Oleh: Najjah Athiya
Penulis Lepas
Tampaknya, angka pengangguran dalam negeri tak kunjung menurun, bahkan cenderung semakin meningkat. Inilah salah satu persoalan klasik yang terus mewarnai negeri ini. Data Badan Pusat Statistik (BPS) per November 2025 menyebutkan bahwa jumlah pengangguran di Indonesia masih sangat besar, yakni mencapai sekitar 7,35 juta orang dengan Tingkat Pengangguran Terbuka (TPT) sebesar 4,74% (Detik, 05/02/2026).
Angka tersebut menunjukkan bahwa jutaan rakyat usia produktif belum mendapatkan pekerjaan yang layak. Ketidakpastian ekonomi, ketatnya persaingan, serta minimnya lapangan kerja menjadikan jutaan pencari kerja mengalami tekanan mental akibat sulitnya mencari penghidupan.
Sebagaimana dilansir dari CNBC Indonesia (29/05/2026), belum didapati tanda-tanda perbaikan di sektor pasar tenaga kerja dalam negeri. Realitas yang terjadi justru memperlihatkan adanya jurang (gap) yang besar antara lowongan pekerjaan yang tersedia dan jumlah pencari kerja. Bahkan dalam beberapa kasus, satu lowongan pekerjaan yang terbatas bisa diserbu oleh ribuan pelamar.
Artinya, mencari kerja kian susah dan mustahil, sedangkan angka pengangguran tak kunjung nihil. Di sisi lain, mereka yang sudah bekerja pun belum tentu sejahtera. Banyak fakta menunjukkan masih adanya upah tidak layak yang jauh dari standar kecukupan untuk memenuhi kebutuhan hidup.

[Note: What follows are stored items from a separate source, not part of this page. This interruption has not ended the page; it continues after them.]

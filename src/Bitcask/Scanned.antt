-- ===== src/Bitcask/Scanned.antt =====
-- bitcask/main.go: the loop of Merge over the entries of a file.
use design_pocs.Common.{
  ℕ, ◌<◌, ◌^◌, ◌≡◌, ◌≢◌, ◌⊎◌, inl, inr, refl, sym, ap, ◌∙◌, Bool, true, false, Bool-cases, Option,
  none, some, List, [], ◌∷◌, arith, All, Bytes, length, lookup, Maybe, insert, insert-Every,
  lookup-insert, bytes_key, bytes_eq, bytes_eq_iff, if◌then◌else◌,
}
use design_pocs.Bitcask.Record.{encode_entry, length-encode_entry, stored_value_size}
use design_pocs.Bitcask.Store.{FilePath, merge_data, path_key, KeyDirEntry, BitCask}
use design_pocs.Bitcask.Segment.{MergeSegment, MergeIo, data_path, Appended, append_entry}
use design_pocs.Bitcask.Merge.{
  MergeUpdate, Scan, ScanEnd, scan_ended, without_segment, slice_panics, goes_on, broken_off,
  EntryEnd, next_entry, loop_ends, entry_appended, move_to,
}
use design_pocs.Bitcask.Grown.{IsOlder, Grown, Grown-trans, Current}
use design_pocs.Bitcask.Appended.{IsFresh, append_entry-HasAppended}
use design_pocs.Bitcask.Opened.{Maybe-map, HasRoom}
use design_pocs.Bitcask.Moved.{size_of, Sound, Sound-Grown, IsAt, some-inj}

-- The scan of a file `p` from a state `s`, `m`: the values that the keys have are `V`.
module _ (V : Bytes → Bytes) (p : FilePath) (s : BitCask) (m : MergeSegment) where
  -- A key is not in the index, or its entry is right.
  abbrev pub AllSound : BitCask → MergeSegment → Type 0
  AllSound t k = (key : Bytes) (e : KeyDirEntry) → lookup key s.key_dir ≡ some e → Sound V t k key e

  abbrev pub IsMoved : MergeSegment → BitCask → Bytes × MergeUpdate → Type 0
  IsMoved k t u =
      Sound V t k u.0 u.1.replacement
      × ((q : FilePath) → IsOlder q m → u.1.replacement.file_path ≢ q)

  pub record Going (c : Scan) : Type 0 where
    pub grown : Grown s m c.scan_store c.scan_segment
    pub current : Current c.scan_store c.scan_segment
    pub moved : All (IsMoved c.scan_segment c.scan_store) c.pending

  abbrev pub Covered : Scan → Bytes → KeyDirEntry → Type 0
  Covered c key e = (u : MergeUpdate) × (lookup key c.pending ≡ some u) × (u.original ≡ e)

  -- What the loop leaves if it stops here: a store in which every key has its value, and, if it has
  -- come to the end without an error, an update for each entry that it met.
  abbrev pub IsLeft : BitCask → Type 0
  IsLeft t = Grown s m t m

  abbrev pub ScanGood : (Bytes → KeyDirEntry → Type 0) → ScanEnd → Type 0
  ScanGood Met (scan_ended c) =
      Going c
      × (c.is_merged ≡ true
          → (key : Bytes) (e : KeyDirEntry) → lookup key s.key_dir ≡ some e
          → Met key e
          → Covered c key e)
  ScanGood Met (without_segment t) = (k : MergeSegment) × Grown s m t k
  ScanGood Met (slice_panics t) = (k : MergeSegment) × Grown s m t k
  ScanGood Met goes_on = ⊥

  abbrev pub EntryGood : (Bytes → KeyDirEntry → Type 0) → EntryEnd → Type 0
  EntryGood Met (next_entry c) =
      Going c
      × ((key : Bytes) (e : KeyDirEntry)
          → lookup key s.key_dir ≡ some e
          → Met key e
          → Covered c key e)
  EntryGood Met (loop_ends end) = ScanGood (λ key e. Unit {0}) end

  pub if-EntryGood :
      (Met : Bytes → KeyDirEntry → Type 0) (b : Bool) (x y : EntryEnd)
      → (b ≡ true → EntryGood Met x)
      → (b ≡ false → EntryGood Met y)
      → EntryGood Met (if b then x else y)
  if-EntryGood Met true x y h k = h refl
  if-EntryGood Met false x y h k = k refl

  pub broken_off-Good :
      (Met : Bytes → KeyDirEntry → Type 0) (c : Scan) → Going c → ScanGood Met (broken_off c)
  broken_off-Good Met c g =
      (record { grown = g.grown; current = g.current; moved = g.moved }, λ merged. cc)

  -- The entries that are covered, or begin here.
  abbrev pub MetAt : Scan → ℕ → Bytes → KeyDirEntry → Type 0
  MetAt c offset key e = Covered c key e ⊎ ((e.file_path ≡ p) × (e.file_entry_offset ≡ offset))

  -- Nothing that the index knows begins here.
  pub skip-Good :
      (c : Scan) (offset : ℕ)
      → Going c
      → ((key : Bytes) (e : KeyDirEntry)
          → lookup key s.key_dir ≡ some e
          → e.file_path ≡ p
          → e.file_entry_offset ≢ offset)
      → EntryGood (MetAt c offset) (next_entry c)
  skip-Good c offset g nothing = (
    g,
    λ key e found met. elim met [
      | inl covered ↦ covered
      | inr (here, there) ↦ absurd (nothing key e found here there)
    ],
  )

  module _ (all : AllSound s m) (older : IsOlder p m) where
    pub Going-Sound :
        (c : Scan)
        → Going c
        → (key : Bytes) (e : KeyDirEntry) → lookup key s.key_dir ≡ some e
        → Sound V c.scan_store c.scan_segment key e
    Going-Sound c g key e found =
        Sound-Grown V s c.scan_store m c.scan_segment key e g.grown (all key e found)

    IsMoved-Grown :
        (t t' : BitCask) (k k' : MergeSegment) (us : List (Bytes × MergeUpdate))
        → Grown t k t' k'
        → All (IsMoved k t) us
        → All (IsMoved k' t') us
    IsMoved-Grown t t' k k' [] g h = tt
    IsMoved-Grown t t' k k' (u ∷ us) g ((h, d), hs) =
        ((Sound-Grown V t t' k k' u.0 u.1.replacement g h, d), IsMoved-Grown t t' k k' us g hs)

    -- The key of an entry is moved.
    insert-Covered :
        (c : Scan) (key : Bytes) (here r : KeyDirEntry) (j : Bytes) (e : KeyDirEntry)
        → lookup key s.key_dir ≡ some here
        → lookup j s.key_dir ≡ some e
        → Covered c j e ⊎ (j ≡ key)
        → (u : MergeUpdate) × (lookup j
              (insert key (record { original = here; replacement = r }) c.pending)
            ≡ some u)
          × (u.original ≡ e)
    insert-Covered c key here r j e known found met = elim (Bool-cases (bytes_eq key j)) [
      | inl same ↦
          let new : MergeUpdate = record { original = here; replacement = r } in
          let key_is : key ≡ j = (bytes_eq_iff key j).0 same in
          (
            new,
            ground (arith, lookup-insert key j new c.pending),
            some-inj here e (sym known ∙ ap (λ x. lookup x s.key_dir) key_is ∙ found),
          )
      | inr differs ↦ elim met [
        | inl (u, there, is_e) ↦ (
          u,
          ground (
            arith,
            there,
            lookup-insert key j (record { original = here; replacement = r }) c.pending,
          ),
          is_e,
        )
        | inr same ↦ absurd (ground (arith, bytes_eq_iff key j))
      ]
    ]

    offsets-Grown :
        (t : BitCask) (k : MergeSegment) (x y : ℕ)
        → Grown t k (record t { merge_file_offset = x; merge_hint_file_offset = y }) k
    offsets-Grown t k x y = record {
      dir = refl;
      count = refl;
      offset = refl;
      opened = λ q h. h;
      handles = λ h. record { named = h.named };
      ids = omega arith;
      settled = λ q o n z w d h r. h;
      content = λ q o n z w d h r. r;
      others = λ q d old. refl;
      filed_before = λ q old. refl;
    }

    -- The entry that was appended.
    fresh-Sound :
        (c : Scan) (offset : ℕ) (header key buf : Bytes) (k : MergeSegment) (a : Appended)
        (e : KeyDirEntry) (at : IsAt V c.scan_store p offset header key)
        → size_of key (V key) < 2 ^ 32
        → buf ≡ encode_entry at.stamp key (V key) 0
        → Current a.store a.segment
        → a.segment.id ≡ k.id
        → IsFresh buf (stored_value_size header) k a e
        → Sound V a.store a.segment key e
    fresh-Sound c offset header key buf k a e at fits is_entry cur same
          (path, size, written, bound) =
        let v = V key in
        let len : length buf ≡ size_of key v =
          ap length is_entry ∙ length-encode_entry at.stamp key v 0 in
        let filed : lookup (data_path k) a.store.file_ptrs ≡ some (data_path k) =
          rw (ap merge_data same) at cur.filed in
        record {
          held = record {
            timestamp = at.stamp;
            key_fits = omega arith;
            value_fits = omega arith;
            sized = size ∙ at.value_size;
            written = record {
              opened = rw path filed;
              content = rw path (rw is_entry at written);
              settled = rw path tt;
            };
          };
          fits = fits;
          in_data = rw path refl;
          inside = λ here. omega (arith, len);
        }

    -- The scan behind a step of the store.
    abbrev stepped : Scan → BitCask → MergeSegment → Scan
    stepped c t k = record c { scan_store = t; scan_segment = k }

    stepped-Going :
        (c : Scan) (t : BitCask) (k : MergeSegment)
        → Going c
        → Grown c.scan_store c.scan_segment t k
        → Current t k
        → Going (stepped c t k)
    stepped-Going c t k g step cur = record {
      grown = Grown-trans g.grown step;
      current = cur;
      moved = IsMoved-Grown c.scan_store t c.scan_segment k c.pending step g.moved;
    }

    appended-Good :
        (c : Scan) (offset : ℕ) (key : Bytes) (here : KeyDirEntry) (o : Option KeyDirEntry)
        → Going c
        → lookup key s.key_dir ≡ some here
        → ((j : Bytes) (e : KeyDirEntry)
            → lookup j s.key_dir ≡ some e
            → e.file_path ≡ p
            → e.file_entry_offset ≡ offset
            → j ≡ key)
        → Maybe
            (λ e.
              IsMoved c.scan_segment c.scan_store
                (key, record { original = here; replacement = e }))
            o
        → EntryGood (MetAt c offset) (entry_appended key here c o)
    appended-Good c offset key here none g known unique fresh =
        broken_off-Good (λ j e. Unit {0}) c g
    appended-Good c offset key here (some r) g known unique fresh =
        let u : MergeUpdate = record { original = here; replacement = r } in
        (
          record {
            grown = g.grown;
            current = g.current;
            moved =
                insert-Every (IsMoved c.scan_segment c.scan_store) key u c.pending fresh g.moved;
          },
          λ j e found met. insert-Covered c key here r j e known found (elim met [
            | inl covered ↦ inl covered
            | inr (at_p, there) ↦ inr (unique j e found at_p there)
          ]),
        )

    pub move_to-Good :
        (io : MergeIo) (c : Scan) (offset : ℕ) (header key buf : Bytes) (here : KeyDirEntry)
        (r : BitCask × Option MergeSegment) (at : IsAt V c.scan_store p offset header key)
        → Going c
        → size_of key (V key) < 2 ^ 32
        → buf ≡ encode_entry at.stamp key (V key) 0
        → here.value_size ≡ stored_value_size header
        → lookup key s.key_dir ≡ some here
        → ((j : Bytes) (e : KeyDirEntry)
            → lookup j s.key_dir ≡ some e
            → e.file_path ≡ p
            → e.file_entry_offset ≡ offset
            → j ≡ key)
        → HasRoom c.scan_segment c.scan_store r
        → EntryGood (MetAt c offset) (move_to io buf key here c r)
    move_to-Good io c offset header key buf here (t, none) at g fits is_entry size known unique
          room =
        (c.scan_segment, Grown-trans g.grown room.kept)
    move_to-Good io c offset header key buf here (t, some k) at g fits is_entry size known unique
          room =
        let (ensured, cur) = room.segment in
        let a = append_entry io here buf key here.value_size k t in
        let h = append_entry-HasAppended io here buf key here.value_size k t in
        let data_end = a.segment.data_offset in
        let hint_end = a.segment.hint_offset in
        let behind = offsets-Grown a.store a.segment data_end hint_end in
        let step = Grown-trans (Grown-trans ensured h.grown) behind in
        let cur' = h.current cur in
        let c' =
          stepped c
            (record a.store { merge_file_offset = data_end; merge_hint_file_offset = hint_end })
            a.segment in
        appended-Good c' offset key here a.new_entry
          (stepped-Going c c'.scan_store a.segment g step
            (record { newest = cur'.newest; filed = cur'.filed }))
          known unique
          (Maybe-map _ _
            (λ e fresh.
              let (path, size', written, bound) = fresh in
              (
                Sound-Grown V a.store c'.scan_store a.segment a.segment key e behind (
                    fresh-Sound c offset header key buf k a e at fits is_entry cur' h.same_id
                      (path, size' ∙ size, written, bound)),
                λ q old same. omega (arith, g.grown.ids, ensured.ids, old k.id (sym same ∙ path)),
              ))
            a.new_entry h.fresh)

Bukannya mereda, berita terjadinya pemutusan hubungan kerja (PHK) massal justru kian meningkat. Puluhan ribu buruh kehilangan pekerjaan akibat tekanan ekonomi global, penurunan permintaan pasar, pelemahan nilai tukar rupiah, hingga efisiensi perusahaan yang terus berlangsung.
Akar Masalah: Watak Otoriter dan Eksploitatif Kapitalisme
Fakta-fakta ini menunjukkan bahwa problem pengangguran di negeri ini bukan sekadar persoalan teknis hubungan kerja dan ekonomi semata, melainkan problem sistemik yang terus berulang dari waktu ke waktu. Problem ini berakar pada sistem kapitalisme yang diterapkan saat ini.
Dalam sistem ini, negara cenderung berperan hanya sebagai regulator yang lebih berpihak pada kepentingan pasar dan pemilik modal, bukan sebagai penanggung jawab utama kesejahteraan rakyat. Sistem kapitalisme memusatkan modal pada segelintir orang. Akibatnya, lapangan kerja menjadi terbatas bukan karena kurangnya kebutuhan nyata di tengah masyarakat, melainkan karena keran pekerjaan hanya dibuka jika terbukti mendatangkan keuntungan bagi para pemilik modal.
Negara dalam sistem kapitalisme akhirnya sekadar menjadi penjaga kepentingan para kapitalis. Sistem ini memandang hubungan antara pekerja dan pemberi kerja hanya sebatas interaksi ekonomi berbasis keuntungan (profit) semata yang kering dari nilai-nilai keadilan.
Strategi dan Solusi Sistemis dalam Perekonomian Islam
Oleh karena itu, sudah sepantasnya Islam diterapkan sebagai sistem yang mengatur seluruh aspek kehidupan, tanpa ada pemisahan antara agama dan kehidupan (sekularisme). Dengan begitu, negara Islam dapat berperan aktif dalam menyelesaikan problem ketenagakerjaan secara adil berdasarkan syariat. Islam tidak akan membiarkan terjadinya pengangguran massal yang menyengsarakan rakyat.
Dalam Islam, kepala negara (khalifah) bertanggung jawab penuh untuk memastikan setiap laki-laki dewasa yang mampu bekerja memiliki akses terhadap pekerjaan yang layak. Negara wajib membuka lapangan kerja seluas-luasnya serta menyediakan layanan publik yang memadai bagi rakyatnya. Sebab dalam Islam, negara adalah ra'in (pengurus) yang menjamin pemenuhan seluruh kebutuhan pokok dan kesejahteraan rakyat.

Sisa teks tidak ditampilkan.